━━ Listed records ━━

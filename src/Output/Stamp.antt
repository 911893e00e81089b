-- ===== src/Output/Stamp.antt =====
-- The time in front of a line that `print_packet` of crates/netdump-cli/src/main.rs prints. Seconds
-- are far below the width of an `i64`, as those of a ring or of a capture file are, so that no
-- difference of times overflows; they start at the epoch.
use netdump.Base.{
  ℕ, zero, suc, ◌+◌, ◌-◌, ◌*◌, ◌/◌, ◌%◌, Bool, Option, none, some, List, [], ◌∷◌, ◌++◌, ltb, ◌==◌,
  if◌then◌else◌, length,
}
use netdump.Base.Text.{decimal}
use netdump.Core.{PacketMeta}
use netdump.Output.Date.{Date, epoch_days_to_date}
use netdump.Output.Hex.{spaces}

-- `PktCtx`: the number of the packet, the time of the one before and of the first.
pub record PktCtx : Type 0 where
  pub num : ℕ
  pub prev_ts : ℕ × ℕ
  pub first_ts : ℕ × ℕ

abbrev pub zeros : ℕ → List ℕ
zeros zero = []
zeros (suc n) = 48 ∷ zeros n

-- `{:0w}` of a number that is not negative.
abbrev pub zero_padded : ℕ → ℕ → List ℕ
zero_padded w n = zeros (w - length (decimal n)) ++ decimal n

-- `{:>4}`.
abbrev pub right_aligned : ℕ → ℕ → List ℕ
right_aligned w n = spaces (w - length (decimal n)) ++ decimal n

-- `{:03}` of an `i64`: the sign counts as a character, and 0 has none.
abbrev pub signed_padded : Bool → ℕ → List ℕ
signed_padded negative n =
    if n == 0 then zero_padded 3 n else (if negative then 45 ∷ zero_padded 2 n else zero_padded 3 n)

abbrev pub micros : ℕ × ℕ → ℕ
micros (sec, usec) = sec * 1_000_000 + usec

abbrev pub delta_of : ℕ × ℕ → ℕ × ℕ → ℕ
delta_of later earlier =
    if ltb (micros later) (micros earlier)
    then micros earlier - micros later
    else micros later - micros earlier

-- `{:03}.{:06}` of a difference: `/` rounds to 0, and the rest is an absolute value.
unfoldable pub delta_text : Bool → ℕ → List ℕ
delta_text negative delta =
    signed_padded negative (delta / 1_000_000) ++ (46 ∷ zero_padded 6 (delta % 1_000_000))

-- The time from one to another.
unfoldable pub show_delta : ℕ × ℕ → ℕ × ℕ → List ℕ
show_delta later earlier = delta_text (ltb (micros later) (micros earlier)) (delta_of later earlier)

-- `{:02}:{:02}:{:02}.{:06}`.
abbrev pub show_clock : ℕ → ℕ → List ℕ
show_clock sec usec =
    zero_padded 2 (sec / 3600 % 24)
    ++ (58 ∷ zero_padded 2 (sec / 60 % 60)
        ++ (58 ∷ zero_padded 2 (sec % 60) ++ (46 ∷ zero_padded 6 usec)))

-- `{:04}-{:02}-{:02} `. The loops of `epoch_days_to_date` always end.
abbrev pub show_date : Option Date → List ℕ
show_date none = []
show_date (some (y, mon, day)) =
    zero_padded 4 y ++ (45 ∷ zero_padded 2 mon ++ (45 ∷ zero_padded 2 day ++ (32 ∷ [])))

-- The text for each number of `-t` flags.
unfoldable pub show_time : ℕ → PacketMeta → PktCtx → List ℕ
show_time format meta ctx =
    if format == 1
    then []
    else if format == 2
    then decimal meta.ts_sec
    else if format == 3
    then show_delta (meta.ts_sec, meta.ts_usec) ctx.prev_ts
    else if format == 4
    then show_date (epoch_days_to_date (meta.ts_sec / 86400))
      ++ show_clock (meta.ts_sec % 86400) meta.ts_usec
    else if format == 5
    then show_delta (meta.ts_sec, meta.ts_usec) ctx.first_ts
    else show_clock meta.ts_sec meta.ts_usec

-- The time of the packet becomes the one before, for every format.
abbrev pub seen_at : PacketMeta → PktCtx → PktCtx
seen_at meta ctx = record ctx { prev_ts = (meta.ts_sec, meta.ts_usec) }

━━━
━━ Listed records ━━

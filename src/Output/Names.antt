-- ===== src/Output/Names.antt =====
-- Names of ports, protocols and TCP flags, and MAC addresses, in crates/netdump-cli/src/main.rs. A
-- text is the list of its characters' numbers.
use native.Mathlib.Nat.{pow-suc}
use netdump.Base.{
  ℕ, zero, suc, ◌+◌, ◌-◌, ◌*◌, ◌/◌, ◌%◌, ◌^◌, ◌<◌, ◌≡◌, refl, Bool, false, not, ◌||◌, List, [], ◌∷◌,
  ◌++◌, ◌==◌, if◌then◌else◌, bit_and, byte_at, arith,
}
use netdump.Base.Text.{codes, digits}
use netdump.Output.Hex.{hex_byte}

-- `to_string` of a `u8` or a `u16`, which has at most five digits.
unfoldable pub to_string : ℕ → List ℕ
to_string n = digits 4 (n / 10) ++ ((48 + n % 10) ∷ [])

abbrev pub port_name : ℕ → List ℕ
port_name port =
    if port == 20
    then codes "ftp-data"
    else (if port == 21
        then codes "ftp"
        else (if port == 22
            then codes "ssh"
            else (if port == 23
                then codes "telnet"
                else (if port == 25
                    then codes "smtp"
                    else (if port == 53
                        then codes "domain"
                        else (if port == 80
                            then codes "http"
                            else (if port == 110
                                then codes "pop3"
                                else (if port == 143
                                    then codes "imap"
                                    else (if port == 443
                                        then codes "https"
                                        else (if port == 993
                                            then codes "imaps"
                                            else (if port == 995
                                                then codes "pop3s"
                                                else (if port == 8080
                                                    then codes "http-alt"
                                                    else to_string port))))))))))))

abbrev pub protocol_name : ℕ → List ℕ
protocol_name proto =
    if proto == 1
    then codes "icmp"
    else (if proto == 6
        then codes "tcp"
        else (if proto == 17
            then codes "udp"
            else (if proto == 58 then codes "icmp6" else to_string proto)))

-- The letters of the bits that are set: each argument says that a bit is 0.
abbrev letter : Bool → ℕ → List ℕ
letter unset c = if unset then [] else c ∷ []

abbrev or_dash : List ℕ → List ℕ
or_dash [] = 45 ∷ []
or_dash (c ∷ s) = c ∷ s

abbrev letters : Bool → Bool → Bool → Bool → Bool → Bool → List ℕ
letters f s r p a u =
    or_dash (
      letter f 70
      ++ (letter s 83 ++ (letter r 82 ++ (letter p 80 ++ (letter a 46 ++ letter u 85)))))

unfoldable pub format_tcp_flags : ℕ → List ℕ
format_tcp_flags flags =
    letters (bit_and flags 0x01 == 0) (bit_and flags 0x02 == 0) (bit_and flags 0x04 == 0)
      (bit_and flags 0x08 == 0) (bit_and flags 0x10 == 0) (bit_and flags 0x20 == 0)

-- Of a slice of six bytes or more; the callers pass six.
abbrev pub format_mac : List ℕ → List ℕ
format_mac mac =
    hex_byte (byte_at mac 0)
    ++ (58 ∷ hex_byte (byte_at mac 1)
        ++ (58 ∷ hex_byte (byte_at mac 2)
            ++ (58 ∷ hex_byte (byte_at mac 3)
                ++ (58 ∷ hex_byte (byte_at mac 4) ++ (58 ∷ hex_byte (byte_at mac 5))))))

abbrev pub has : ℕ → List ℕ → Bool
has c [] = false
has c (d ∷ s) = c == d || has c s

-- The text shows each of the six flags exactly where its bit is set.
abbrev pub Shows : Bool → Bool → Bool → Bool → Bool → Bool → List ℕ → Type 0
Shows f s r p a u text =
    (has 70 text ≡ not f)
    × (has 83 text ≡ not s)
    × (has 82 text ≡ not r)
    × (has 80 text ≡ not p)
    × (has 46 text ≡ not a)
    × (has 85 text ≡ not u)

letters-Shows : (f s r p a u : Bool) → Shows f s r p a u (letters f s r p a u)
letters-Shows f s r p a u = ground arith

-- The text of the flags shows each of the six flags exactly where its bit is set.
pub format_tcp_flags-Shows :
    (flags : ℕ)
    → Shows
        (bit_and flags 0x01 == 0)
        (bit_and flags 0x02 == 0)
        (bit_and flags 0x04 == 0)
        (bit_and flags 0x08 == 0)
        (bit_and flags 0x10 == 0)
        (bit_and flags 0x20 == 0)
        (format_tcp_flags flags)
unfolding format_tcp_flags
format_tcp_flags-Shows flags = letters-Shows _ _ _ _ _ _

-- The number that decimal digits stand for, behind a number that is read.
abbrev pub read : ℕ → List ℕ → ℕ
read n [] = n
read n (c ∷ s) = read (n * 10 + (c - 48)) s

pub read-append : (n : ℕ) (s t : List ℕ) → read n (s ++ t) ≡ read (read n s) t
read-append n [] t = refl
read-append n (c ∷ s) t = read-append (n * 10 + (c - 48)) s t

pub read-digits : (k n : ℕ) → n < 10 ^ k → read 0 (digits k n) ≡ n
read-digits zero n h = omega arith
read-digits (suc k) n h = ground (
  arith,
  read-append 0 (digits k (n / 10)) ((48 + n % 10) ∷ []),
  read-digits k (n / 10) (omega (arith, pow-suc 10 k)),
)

━━━
━━ Listed records ━━

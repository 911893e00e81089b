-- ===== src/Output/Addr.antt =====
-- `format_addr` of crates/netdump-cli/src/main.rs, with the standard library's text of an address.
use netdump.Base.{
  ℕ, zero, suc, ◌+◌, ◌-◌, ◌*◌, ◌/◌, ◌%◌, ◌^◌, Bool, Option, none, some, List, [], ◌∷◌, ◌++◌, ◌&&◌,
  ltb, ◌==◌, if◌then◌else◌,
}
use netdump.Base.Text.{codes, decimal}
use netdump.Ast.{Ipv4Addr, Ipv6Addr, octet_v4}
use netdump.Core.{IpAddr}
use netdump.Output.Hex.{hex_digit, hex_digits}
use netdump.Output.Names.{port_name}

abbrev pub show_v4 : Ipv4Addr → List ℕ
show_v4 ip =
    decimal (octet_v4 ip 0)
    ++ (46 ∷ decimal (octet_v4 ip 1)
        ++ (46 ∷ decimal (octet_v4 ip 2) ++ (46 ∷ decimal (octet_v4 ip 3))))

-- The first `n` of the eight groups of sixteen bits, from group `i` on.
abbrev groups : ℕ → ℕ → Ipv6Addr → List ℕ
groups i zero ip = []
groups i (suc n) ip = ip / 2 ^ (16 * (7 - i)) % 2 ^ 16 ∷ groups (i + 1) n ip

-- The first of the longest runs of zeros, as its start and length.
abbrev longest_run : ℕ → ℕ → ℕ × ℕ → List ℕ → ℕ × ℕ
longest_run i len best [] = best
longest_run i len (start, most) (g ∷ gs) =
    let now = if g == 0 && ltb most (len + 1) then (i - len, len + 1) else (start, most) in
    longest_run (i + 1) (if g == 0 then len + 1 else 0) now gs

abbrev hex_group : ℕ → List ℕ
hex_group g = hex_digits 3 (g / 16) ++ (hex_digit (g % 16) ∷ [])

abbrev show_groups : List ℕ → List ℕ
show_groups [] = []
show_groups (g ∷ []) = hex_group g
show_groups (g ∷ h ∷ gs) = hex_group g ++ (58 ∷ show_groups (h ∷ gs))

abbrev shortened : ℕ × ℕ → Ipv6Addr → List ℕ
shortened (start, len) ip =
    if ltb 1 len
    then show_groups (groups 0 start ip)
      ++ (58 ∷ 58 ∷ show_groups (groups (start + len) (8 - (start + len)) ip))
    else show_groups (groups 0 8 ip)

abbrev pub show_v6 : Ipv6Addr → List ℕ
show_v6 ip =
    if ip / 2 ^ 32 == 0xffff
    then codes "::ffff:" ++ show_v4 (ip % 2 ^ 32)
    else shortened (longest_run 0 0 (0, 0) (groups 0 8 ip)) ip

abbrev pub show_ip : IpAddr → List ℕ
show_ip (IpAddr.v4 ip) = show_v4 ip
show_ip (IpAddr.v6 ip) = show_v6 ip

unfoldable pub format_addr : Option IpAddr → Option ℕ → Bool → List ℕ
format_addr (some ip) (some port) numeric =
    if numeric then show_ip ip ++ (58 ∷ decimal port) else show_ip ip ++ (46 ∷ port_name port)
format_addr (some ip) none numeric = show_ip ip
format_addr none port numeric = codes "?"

━━━

● Work item
Beginning with the line above that contains "abbrev pub format_mac : List ℕ → List ℕ", copy each line exactly up to and including the line that contains "letters-Shows f s r p a u = ground arith", and go no further.

● Expected output
abbrev pub format_mac : List ℕ → List ℕ
format_mac mac =
    hex_byte (byte_at mac 0)
    ++ (58 ∷ hex_byte (byte_at mac 1)
        ++ (58 ∷ hex_byte (byte_at mac 2)
            ++ (58 ∷ hex_byte (byte_at mac 3)
                ++ (58 ∷ hex_byte (byte_at mac 4) ++ (58 ∷ hex_byte (byte_at mac 5))))))

abbrev pub has : ℕ → List ℕ → Bool
has c [] = false
has c (d ∷ s) = c == d || has c s

-- The text shows each of the six flags exactly where its bit is set.
abbrev pub Shows : Bool → Bool → Bool → Bool → Bool → Bool → List ℕ → Type 0
Shows f s r p a u text =
    (has 70 text ≡ not f)
    × (has 83 text ≡ not s)
    × (has 82 text ≡ not r)
    × (has 80 text ≡ not p)
    × (has 46 text ≡ not a)
    × (has 85 text ≡ not u)

letters-Shows : (f s r p a u : Bool) → Shows f s r p a u (letters f s r p a u)
letters-Shows f s r p a u = ground arith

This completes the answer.